Use of validation_frame in H2O AutoML

740 views Asked by At

Just started with H2O AutoML so apologies in advance if I have missed something basic.

I have a binary classification problem where data are observations from K years. I want to train on the K-1 years and tune the models and select the best one explicitly based on the remaining K year.

If I switch off cross-validation (with nfolds=0) to avoid randomly blending of years into the N folds and define data of year K as the validation_frame then I don't have the ensemble created (as expected according to the documentation) which in fact I need.

If I train with cross-validation (default nfolds) and defining a validation frame to be the K-year data

aml = H2OAutoML(max_runtime_secs=3600, seed=1)
aml.train(x=x,y=y, training_frame=k-1_years, validation_frame=k_year)
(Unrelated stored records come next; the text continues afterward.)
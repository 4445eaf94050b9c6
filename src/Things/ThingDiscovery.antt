-- ===== src/Things/ThingDiscovery.antt =====
-- src/things/ThingDiscovery.cpp: what discovered devices do to the repository of things, which is a
-- library's and is known by the identifiers of its things; what is called of it is a list. The
-- arithmetic of `float`, and the things that a factory makes of a host name, are parameters.
use Prim.Native.String.{String}
use iotic.Prelude.{
  ℕ, ℤ, pos, Bool, true, false, Option, none, some, List, [], ◌∷◌, ◌++◌, ◌==◌, ◌&&◌, ◌||◌,
  if◌then◌else◌,
}
use iotic.Coap.Message.{CoapMessage}
use iotic.Coap.Discovery.{CoapThing, from}
use iotic.Things.Shelly.{SrvData, ShellyGen2Thing, from_response}

pub data Call (Thing : Type 0) : Type 0 where
  add_coap_thing : CoapThing → Call Thing
  add_thing : Thing → Call Thing
  add_relay : ShellyGen2Thing → Call Thing
  set_voltages : List ℕ → ℤ → ℤ → ℤ → Call Thing

-- "PicoW" at the front of a token.
unfoldable pub starts_with_pico : List ℕ → Bool
starts_with_pico (a ∷ b ∷ c ∷ d ∷ e ∷ token) = a == 80 && b == 105 && c == 99 && d == 111 && e == 87
starts_with_pico _ = false

unfoldable pub same_id : List ℕ → List ℕ → Bool
same_id [] [] = true
same_id (c ∷ id) (d ∷ other) = c == d && same_id id other
same_id _ _ = false

unfoldable pub contains_id : List (List ℕ) → List ℕ → Bool
contains_id [] id = false
contains_id (i ∷ ids) id = same_id i id || contains_id ids id

module _ {Thing : Type 0} where
  abbrev added_coap_thing : Option CoapThing → List (Call Thing)
  added_coap_thing none = []
  added_coap_thing (some thing) = Call.add_coap_thing thing ∷ []

  -- `percent` is the scaling of a flap's value, which Coap/Flap.antt models.
  abbrev set_flaps : (ℤ → ℤ) → List (List ℕ) → CoapMessage → Option (List ℤ) → List (Call Thing)
  set_flaps percent ids message (some (a ∷ b ∷ [])) =
      (if contains_id ids message.token then [] else added_coap_thing (from message))
      ++ Call.set_voltages message.token (percent a) (percent b) (pos 0) ∷ []
  set_flaps percent ids message _ = []

  -- `flap` is the array of that name in the CBOR of a payload, of whole numbers.
  unfoldable pub on_coap_message :
      (ℤ → ℤ) → (List ℕ → Option (List ℤ)) → List (List ℕ) → CoapMessage → List (Call Thing)
  on_coap_message percent flap ids message =
      if starts_with_pico message.token
      then set_flaps percent ids message (flap message.payload)
      else []

  abbrev added_thing : Option Thing → List (Call Thing)
  added_thing none = []
  added_thing (some thing) = Call.add_thing thing ∷ []

  -- An HTTP service is a thing when the factory knows its host.
  unfoldable pub on_http_service :
      (String → String) → (String → Option Thing) → Option SrvData → List (Call Thing)
  on_http_service up_to_dot factory none = []
  on_http_service up_to_dot factory (some data_srv) =
      added_thing (factory (up_to_dot data_srv.target))

  abbrev added_relay : Option ShellyGen2Thing → List (Call Thing)
  added_relay none = []
  added_relay (some thing) = Call.add_relay thing ∷ []

  unfoldable pub on_shelly_service : (String → String) → Option SrvData → List (Call Thing)
  on_shelly_service up_to_dot srv = added_relay (from_response up_to_dot srv)

  -- A device that speaks SunSpec is a thing, which `make` makes of its client.
  unfoldable pub on_sunspec_client :
      {Client : Type 0} → (Client → Thing) → Client → List (Call Thing)
  on_sunspec_client make client = Call.add_thing (make client) ∷ []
then according to http://docs.h2o.ai/h2o/latest-stable/h2o-docs/automl.html the validation_frame is ignored "...By default and when nfolds > 1, cross-validation metrics will be used for early stopping and thus validation_frame will be ignored."

Is there a way to get the tuning of the models and the selection of the best one(ensemble or not) based on the K-year data only, and while the ensemble of models is also available in the output?

Thanks a lot!

1

There are 1 answers

0
Neema Mashayekhi On BEST ANSWER

You don't want to have cross-validation (CV) if you are dealing with times-series (non-IID) data, since you won't want folds from the future to the predict the past.

I would explicitly add nfolds=0 so that CV is disabled in AutoML:

aml = H2OAutoML(max_runtime_secs=3600, seed=1, nfolds=0)
aml.train(x=x,y=y, training_frame=k-1_years, validation_frame=k_year)

To have an ensemble, add a blending_frame which also applies to time-series. See more info here.

Additionally, since you are dealing with time-series data. I would recommend adding time-series transformations (e.g. lags), so that your model gets info from previous years and their aggregates (e.g. weighted moving average).